■ The problem ■
In the listing below, start your output at the line with "pub status : Option Text" and end it after the line with "(logged (length b.logs", copying every line exactly.

■ Materials provided ■

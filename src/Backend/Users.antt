-- ===== src/Backend/Users.antt =====
-- Users, their embeddings and the logs of attendance (backend/app.py): `register_user`, `verify_face`,
-- `log_attendance`, `get_attendance`. The lookup of a user without an id answers as for no user.
pub mod Registered
pub mod Queries
mod Tests
use frass_f.Base.{
  ℕ, ◌+◌, ◌≡◌, Bool, true, false, not, ◌&&◌, ◌||◌, Option, none, some, List, [], ◌∷◌, ◌++◌, Text,
  text, text_eq, is_empty, is_some, lookup, insert, next_id, first_where, ltb, leb, ◌==◌,
  if◌then◌else◌, take, keep_if, length,
}
use frass_f.Base.Sorted.{sort, newer}
use frass_f.Base.Int.{ℤ, pos, ltb_ℤ}
use frass_f.Backend.State.{
  Backend, User, FaceEmbedding, AttendanceLog, Env, Config, load_embeddings,
}
use frass_f.Backend.Match.{Engine, match_embedding, embedding_quality}
use frass_f.Backend.Results.{name_of}

-- The body of a registration; what is missing or empty is empty or `none`.
pub record Registration (E : Type 0) : Type 0 where
  pub external_id : Text
  pub name : Text
  pub embedding : Option E

pub data Answer : Type 0 where
  fields_required : Answer
  quality_too_low : ℤ → Answer
  registered : ℕ → ℤ → Answer
  embedding_required : Answer
  matched : ℕ → Text → ℤ → Answer
  not_matched : ℤ → Answer
  user_not_found : Answer
  logged : ℕ → Answer
  raised : Answer

abbrev pub is_external : Text → User → Bool
is_external t u = text_eq u.external_id t

-- The user of the external id, who is added if there is none, with the id.
abbrev pub user_for :
    {C E : Type 0} → Option (ℕ × User) → Text → Text → Backend C E → ℕ × Backend C E
user_for (some (i, u)) external_id name b = (i, b)
user_for none external_id name b = (
  next_id b.users,
  record b {
    users = insert (next_id b.users) (record { external_id = external_id; name = name }) b.users;
  },
)

-- `if user_id`
abbrev pub truthy : Option ℕ → Bool
truthy none = false
truthy (some i) = not (i == 0)

abbrev pub or_zero : Option ℕ → ℕ
or_zero none = 0
or_zero (some i) = i

abbrev pub or_threshold : Config → Option ℤ → ℤ
or_threshold cfg none = cfg.recognition_threshold
or_threshold cfg (some t) = t

module _ {C E : Type 0} (K : Engine E) (cfg : Config) where
  abbrev pub with_embedding : E → Bool → ℕ × Backend C E → Answer × Backend C E
  with_embedding e load_fails (i, b) = (
    registered i (embedding_quality K e),
    load_embeddings load_fails (record b {
      embeddings =
          b.embeddings
          ++ (record { user_id = i; embedding = e; quality_score = embedding_quality K e } ∷ []);
    }),
  )

  abbrev pub register_with : Text → Text → Option E → Bool → Backend C E → Answer × Backend C E
  register_with external_id name none load_fails b = (fields_required, b)
  register_with external_id name (some e) load_fails b =
      if ltb_ℤ (embedding_quality K e) cfg.min_embedding_quality
      then (quality_too_low (embedding_quality K e), b)
      else with_embedding e load_fails
          (user_for (first_where (is_external external_id) b.users) external_id name b)

  -- `register_user`
  unfoldable pub register_user : Registration E → Env → Backend C E → Answer × Backend C E
  unfolding first_where insert next_id load_embeddings embedding_quality
  register_user r env b =
      if is_empty r.external_id || is_empty r.name
      then (fields_required, b)
      else register_with r.external_id r.name r.embedding env.load_fails b

  abbrev pub verified : Option (Option ℕ × ℤ) × Backend C E → Answer × Backend C E
  verified (none, b) = (raised, b)
  verified (some (id, confidence), b) =
      if truthy id
      then (matched (or_zero id) (name_of (lookup (or_zero id) b.users)) confidence, b)
      else (not_matched confidence, b)

  abbrev pub verify_with : Option E → ℤ → Bool → Backend C E → Answer × Backend C E
  verify_with none threshold load_fails b = (embedding_required, b)
  verify_with (some e) threshold load_fails b =
      verified (match_embedding K load_fails threshold e b)

  -- `verify_face`, with the threshold of the request, if it has one
  unfoldable pub verify_face : Option E → Option ℤ → Env → Backend C E → Answer × Backend C E
  unfolding match_embedding lookup
  verify_face e threshold env b = verify_with e (or_threshold cfg threshold) env.load_fails b

-- The body of `log_attendance`: the device is 'manual' and the status 'present' where they are
-- missing.
pub record Entry : Type 0 where
  pub user_id : ℕ
  pub device_id : Option Text
  pub status : Option Text

abbrev or_text : Text → Option Text → Text
or_text t none = t
or_text t (some s) = s

abbrev pub manual_log : Entry → ℕ → AttendanceLog
manual_log e now = record {
  user_id = e.user_id;
  device_id = or_text (text "manual") e.device_id;
  timestamp = now;
  confidence = pos 1000;
  liveness_score = pos 1000000;
  status = or_text (text "present") e.status;
  nonce = none;
}

abbrev pub log_for : {C E : Type 0} → Option User → Entry → ℕ → Backend C E → Answer × Backend C E
log_for none e now b = (user_not_found, b)
log_for (some u) e now b =
    (logged (length b.logs + 1), record b { logs = b.logs ++ (manual_log e now ∷ []) })

-- `log_attendance`; the id of a log is its number in the table, of which no row is deleted
unfoldable pub log_attendance : {C E : Type 0} → Entry → Env → Backend C E → Answer × Backend C E
unfolding lookup
log_attendance e env b = log_for (lookup e.user_id b.users) e env.now b

-- The arguments of `get_attendance`: the first and the last second of the range, and the filters
-- where they are given and neither empty nor zero.
pub record Query : Type 0 where
  pub start_dt : ℕ
  pub end_dt : ℕ
  pub device_id : Text
  pub user_id : ℕ

abbrev pub selects : Query → AttendanceLog → Bool
selects q l =
    leb q.start_dt l.timestamp
    && leb l.timestamp q.end_dt
    && (is_empty q.device_id || text_eq l.device_id q.device_id)
    && (q.user_id == 0 || l.user_id == q.user_id)

abbrev pub time_of : AttendanceLog → ℕ
time_of l = l.timestamp

-- `get_attendance`
unfoldable pub get_attendance : Query → List AttendanceLog → List AttendanceLog
unfolding sort
get_attendance q logs = take 500 (sort (newer time_of) (keep_if (selects q) logs))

■ Problem solution ■
  pub status : Option Text

abbrev or_text : Text → Option Text → Text
or_text t none = t
or_text t (some s) = s

abbrev pub manual_log : Entry → ℕ → AttendanceLog
manual_log e now = record {
  user_id = e.user_id;
  device_id = or_text (text "manual") e.device_id;
  timestamp = now;
  confidence = pos 1000;
  liveness_score = pos 1000000;
  status = or_text (text "present") e.status;
  nonce = none;
}

abbrev pub log_for : {C E : Type 0} → Option User → Entry → ℕ → Backend C E → Answer × Backend C E
log_for none e now b = (user_not_found, b)
log_for (some u) e now b =
    (logged (length b.logs + 1), record b { logs = b.logs ++ (manual_log e now ∷ []) })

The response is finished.